In the library (used to be my dad's office), they're re-building the shelves on the east wall:



And in the bathroom, I have a new vanity, very pretty:



They still needed to put the mirror back together and install the faucet when I took this picture.

The movers are not available until Friday, March 2, so that (I devoutly hope and trust) should be my move-in date. I am taking the day off from work to be there, and then I'll have the weekend to make a start on settling in. I will probably sleep Friday night still at my sister-in-law's until I'm set up for sleeping at home. What a concept: sleeping in my own house. I can hardly believe it.

Home! Sweet Home!

Mid Pleasures and palaces though I may roam,
Be it ever so humble, there's no place like home;
A charm from the sky seems to hallow us there,
Which, seek thro' the world, is ne'er met with elsewhere.

Home! Sweet, sweet home!
There's no place like home.
There's no place like home.

An exile from home, spendor dazzles in vain,
Oh, give me my lowly thatched cottage again;
The birds singing gaily, that come at my call;
Give me them, with that peace of mind, dearer than all.

Home! Sweet, sweet home!
There's no place like home.
There's no place like home.

To thee, I'll return, overburdened with care,
The heart's dearest solace will smile on me there.
No more from that cottage again will I roam,
Be it ever so humble, there's no place like home.
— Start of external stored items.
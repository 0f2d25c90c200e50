-- ===== src/Verify/Gate.antt =====
-- The chunks that are kept are those that both halves of the policy let through.
use provenex_core.Prelude.{
  ◌≡◌, refl, sym, ap, subst, ◌∙◌, inl, inr, Bool, true, false, not, ◌||◌, Option, List, [], ◌∷◌,
  ◌++◌, map, if◌then◌else◌, Bool-cases, Result, ok, err, >>=-eq-ok, ok-injective,
}
use mathlib.Core.List.{append_assoc, append-nil}
use provenex_core.Text.{Text}
use provenex_core.Value.{Fields}
use provenex_core.Rules.{Runtime}
use provenex_core.Index.{VerificationOutcome, ProvenanceIndex}
use provenex_core.Policy.{should_block}
use provenex_core.Access.{PolicyDecision}
use provenex_core.Unified.{UnifiedPolicy, coerce_policy}
use provenex_core.Receipt.{SourceRecord, ProvenanceReceipt}
use provenex_core.Receipt.Builder.{add_source, finalize}
use provenex_core.Receipt.Finalized.{finalize-body}
use provenex_core.Streaming.{ReceiptSink, SinkArgument, safe_publish}
use provenex_core.Verify.{
  ChunksArgument, coerce_chunks, build_chunk_context, ChunkFingerprinter, VerifyOptions,
  with_metadata, or_no_metadata, Collected, collect, access_decision, blocks_access, verify_one,
  verify_each, VerifiedChunks, verify_chunks, emit, nothing, guard_that, metadata_fits,
  binding_known, is_given, caller_hash_of, optionally_advance, session_of,
}

-- The texts that pass a test, and those that do not.
abbrev pub select : (Text × Fields → Bool) → List (Text × Fields) → List Text
select f [] = []
select f (c ∷ cs) = if f c then c.0 ∷ select f cs else select f cs

select_append :
    (f : Text × Fields → Bool) (c : Text × Fields) (cs : List (Text × Fields)) (xs : List Text)
    → (if f c then xs ++ c.0 ∷ [] else xs) ++ select f cs ≡ xs ++ select f (c ∷ cs)
select_append f c cs xs = elim (Bool-cases (f c)) [
  | inl e ↦ rw e (append_assoc xs (c.0 ∷ []) (select f cs))
  | inr e ↦ rw e refl
]

module _ (r : Runtime) (ix : ProvenanceIndex) (fp : ChunkFingerprinter) (db : ix.State)
    (p : UnifiedPolicy) (o : VerifyOptions) where
  abbrev pub decided_of : Text × Fields → Result (Option PolicyDecision)
  decided_of (chunk, metadata) =
      let fingerprint = fp.chunk_fingerprint chunk in
      access_decision r ix fp p.access_control o.request_context
        (build_chunk_context fingerprint (ix.lookup db fingerprint) metadata)

  abbrev pub open_for : Result VerificationOutcome → Result (Option PolicyDecision) → Bool
  open_for (ok outcome) (ok d) =
      not (should_block p.verification outcome || blocks_access r ix fp d)
  open_for (ok outcome) (err e) = false
  open_for (err e) d = false

  -- The index's outcome is not one that the policy blocks, and the evaluator, if any, allows.
  abbrev pub lets_through : Text × Fields → Bool
  lets_through c = open_for (ix.verify db (fp.chunk_fingerprint c.0)) (decided_of c)

  abbrev pub outcomes : List SourceRecord → List (Result VerificationOutcome)
  outcomes ss = map (λ s. ok s.verification_outcome) ss

  abbrev pub verdicts : List (Text × Fields) → List (Result VerificationOutcome)
  verdicts cs = map (λ c. ix.verify db (fp.chunk_fingerprint c.0)) cs

  -- One more chunk: it is kept or blocked, and its outcome is on the list.
  abbrev Sorted : Text × Fields → Collected → Collected → Type 0
  Sorted c s s' =
      (s'.kept ≡ (if lets_through c then s.kept ++ c.0 ∷ [] else s.kept))
      × ((s'.blocked ≡ (if not (lets_through c) then s.blocked ++ c.0 ∷ [] else s.blocked))
          × (outcomes s'.builder.sources ≡ outcomes s.builder.sources ++ verdicts (c ∷ [])))

  if-not {ℓ} : {A : Type ℓ} (b : Bool) (x y : A) → (if b then x else y) ≡ (if not b then y else x)
  if-not true x y = refl
  if-not false x y = refl

  if-double_negation {ℓ} :
      {A : Type ℓ} (b : Bool) (x y : A) → (if b then x else y) ≡ (if not (not b) then x else y)
  if-double_negation true x y = refl
  if-double_negation false x y = refl

  outcomes-append :
      (ss : List SourceRecord) (s : SourceRecord)
      → outcomes (ss ++ s ∷ []) ≡ outcomes ss ++ ok s.verification_outcome ∷ []
  outcomes-append [] s = refl
  outcomes-append (x ∷ ss) s = ap (λ l. ok x.verification_outcome ∷ l) (outcomes-append ss s)

  collect-Sorted :
      (chunk : Text) (metadata : Fields) (s : Collected) (outcome : VerificationOutcome)
      (applied : List Text) (d : Option PolicyDecision)
      → ix.verify db (fp.chunk_fingerprint chunk) ≡ ok outcome
      → decided_of (chunk, metadata) ≡ ok d
      → Sorted
          (chunk, metadata)
          s
          (collect r ix fp p o chunk
            (ix.lookup db (fp.chunk_fingerprint chunk))
            outcome
            applied
            d
            s)
  unfolding add_source
  collect-Sorted chunk metadata s outcome applied d eo ed =
      let blocks = should_block p.verification outcome || blocks_access r ix fp d in
      let through : lets_through (chunk, metadata) ≡ not blocks = rw (eo, ed) refl in
      (
        if-not blocks s.kept (s.kept ++ chunk ∷ [])
            ∙ ap (λ b. if b then s.kept ++ chunk ∷ [] else s.kept) (sym through),
        (
          if-double_negation blocks (s.blocked ++ chunk ∷ []) s.blocked
              ∙ ap (λ b. if not b then s.blocked ++ chunk ∷ [] else s.blocked) (sym through),
          outcomes-append s.builder.sources _
              ∙ ap (λ x. outcomes s.builder.sources ++ x ∷ []) (sym eo),
        ),
      )

  verify_one-Sorted :
      (c : Text × Fields) (s : Collected) {s' : Collected}
      → verify_one r ix fp db p o c s ≡ ok s'
      → Sorted c s s'
  unfolding verify_one
  verify_one-Sorted (chunk, metadata) s {s'} h =
      let (outcome, eo, h1) = >>=-eq-ok (ix.verify db (fp.chunk_fingerprint chunk)) _ h in
      let (applied, _, h2) = >>=-eq-ok (fp.applied_steps chunk) _ h1 in
      let (d, ed, h3) = >>=-eq-ok (decided_of (chunk, metadata)) _ h2 in
      subst (Sorted (chunk, metadata) s) (ok-injective h3)
        (collect-Sorted chunk metadata s outcome applied d eo ed)

  verify_each-select :
      (cs : List (Text × Fields)) (s : Collected) {s' : Collected}
      → verify_each r ix fp db p o cs s ≡ ok s'
      → (s'.kept ≡ s.kept ++ select lets_through cs)
        × ((s'.blocked ≡ s.blocked ++ select (λ c. not (lets_through c)) cs)
            × (outcomes s'.builder.sources ≡ outcomes s.builder.sources ++ verdicts cs))
  unfolding verify_each
  verify_each-select [] s {s'} h =
      subst
        (λ t.
          (t.kept ≡ s.kept ++ [])
          × ((t.blocked ≡ s.blocked ++ [])
              × (outcomes t.builder.sources ≡ outcomes s.builder.sources ++ [])))
        (ok-injective h)
        (
          sym (append-nil s.kept),
          (sym (append-nil s.blocked), sym (append-nil (outcomes s.builder.sources))),
        )
  verify_each-select (c ∷ cs) s h =
      let (m, e, k) = >>=-eq-ok (verify_one r ix fp db p o c s) _ h in
      let (k1, (b1, o1)) = verify_one-Sorted c s e in
      let (k2, (b2, o2)) = verify_each-select cs m k in
      (
        k2 ∙ ap (λ l. l ++ select lets_through cs) k1 ∙ select_append lets_through c cs s.kept,
        (
          b2
              ∙ ap (λ l. l ++ select (λ x. not (lets_through x)) cs) b1
              ∙ select_append (λ x. not (lets_through x)) c cs s.blocked,
          o2
              ∙ ap (λ l. l ++ verdicts cs) o1
              ∙ append_assoc (outcomes s.builder.sources) (verdicts (c ∷ [])) (verdicts cs),
        ),
      )

  emit-keeps :
      {Sink : Type 0} (api : ReceiptSink ProvenanceReceipt Sink) (sink : SinkArgument api)
      (fresh_id now : Text) (s : Collected) {v : VerifiedChunks r ix fp api}
      → emit r ix fp api p o sink fresh_id now s ≡ ok v
      → (v.kept ≡ s.kept) × ((v.blocked ≡ s.blocked) × (v.receipt.sources ≡ s.builder.sources))
  unfolding emit
  emit-keeps api sink fresh_id now s h =
      let session = session_of o.request_context in
      let (hash, _, h7) =
        >>=-eq-ok (caller_hash_of r ix fp o.request_context o.caller_hash_salt) _ h in
      let (c, ec, h8) = >>=-eq-ok (finalize r s.builder o.signer _) _ h7 in
      let (sw, _, h9) = >>=-eq-ok (safe_publish api sink c) _ h8 in
      let (next, _, h10) = >>=-eq-ok (optionally_advance o.agent_id session c o.trajectory) _ h9 in
      subst
        (λ v.
          (v.kept ≡ s.kept) × ((v.blocked ≡ s.blocked) × (v.receipt.sources ≡ s.builder.sources)))
        (ok-injective h10) (refl, (refl, (finalize-body r s.builder o.signer _ ec).0))

  -- What a call that returns has collected.
  verify_chunks-emit :
      {Sink : Type 0} (api : ReceiptSink ProvenanceReceipt Sink) (chunks : ChunksArgument)
      (texts : List Text) (sink : SinkArgument api) (fresh_id now : Text)
      {v : VerifiedChunks r ix fp api}
      → coerce_policy o.policy ≡ ok p
      → coerce_chunks chunks ≡ ok texts
      → verify_chunks r ix fp api db chunks o sink fresh_id now ≡ ok v
      → (s : Collected) × (verify_each r ix fp db p o
            (with_metadata texts (or_no_metadata o.chunk_metadata))
            (nothing p)
          ≡ ok s)
        × (emit r ix fp api p o sink fresh_id now s ≡ ok v)
  unfolding verify_chunks
  verify_chunks-emit api chunks texts sink fresh_id now {v} cp ct h =
      let ms = or_no_metadata o.chunk_metadata in
      let h1 = rw (cp, ct) at h in
      let (_, _, h3) =
        >>=-eq-ok (guard_that (not (is_given p.access_control) || is_given o.request_context)) _
          h1 in
      let (_, _, h4) = >>=-eq-ok (guard_that (metadata_fits o.chunk_metadata texts)) _ h3 in
      let (_, _, h5) = >>=-eq-ok (guard_that (binding_known o.chunk_metadata_binding)) _ h4 in
      >>=-eq-ok (verify_each r ix fp db p o (with_metadata texts ms) (nothing p)) _ h5

  -- The chunks that `verify_chunks` keeps are those, in order, whose outcome the policy does not
  -- block and which the evaluator, if any, allows; it blocks the others, and the receipt lists the
  -- outcome of every chunk.
  pub verify_chunks-select :
      {Sink : Type 0} (api : ReceiptSink ProvenanceReceipt Sink) (chunks : ChunksArgument)
      (texts : List Text) (sink : SinkArgument api) (fresh_id now : Text)
      {v : VerifiedChunks r ix fp api}
      → coerce_policy o.policy ≡ ok p
      → coerce_chunks chunks ≡ ok texts
      → verify_chunks r ix fp api db chunks o sink fresh_id now ≡ ok v
      → (v.kept ≡ select lets_through (with_metadata texts (or_no_metadata o.chunk_metadata)))
        × ((v.blocked
              ≡ select
                  (λ c. not (lets_through c))
                  (with_metadata texts (or_no_metadata o.chunk_metadata)))
            × (outcomes v.receipt.sources
                ≡ verdicts (with_metadata texts (or_no_metadata o.chunk_metadata))))
  verify_chunks-select api chunks texts sink fresh_id now {v} cp ct h =
      let cs = with_metadata texts (or_no_metadata o.chunk_metadata) in
      let (s, es, em) = verify_chunks-emit api chunks texts sink fresh_id now cp ct h in
      let (kept, (blocked, listed)) = verify_each-select cs (nothing p) es in
      let (k, (b, l)) = emit-keeps api sink fresh_id now s em in
      (k ∙ kept, (b ∙ blocked, ap outcomes l ∙ listed))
Words by John Howard Payne, music by Henry Rowley Bishop.

Sunday, February 18, 2018

My house saga: 4th installment

Okay, so this is not about the water leak. It's about my trees.

Last fall (long, long ago...when I had just moved out of my house), I became aware that a creature had been busy in my yard. Yes, "busy as a beaver." In fact, it was a beaver. I've never met him (or her, or them) face-to-face, but I've seen their work. I was going to say "handiwork," but of course beavers don't use their hands so much as their teeth. I saw their toothiwork?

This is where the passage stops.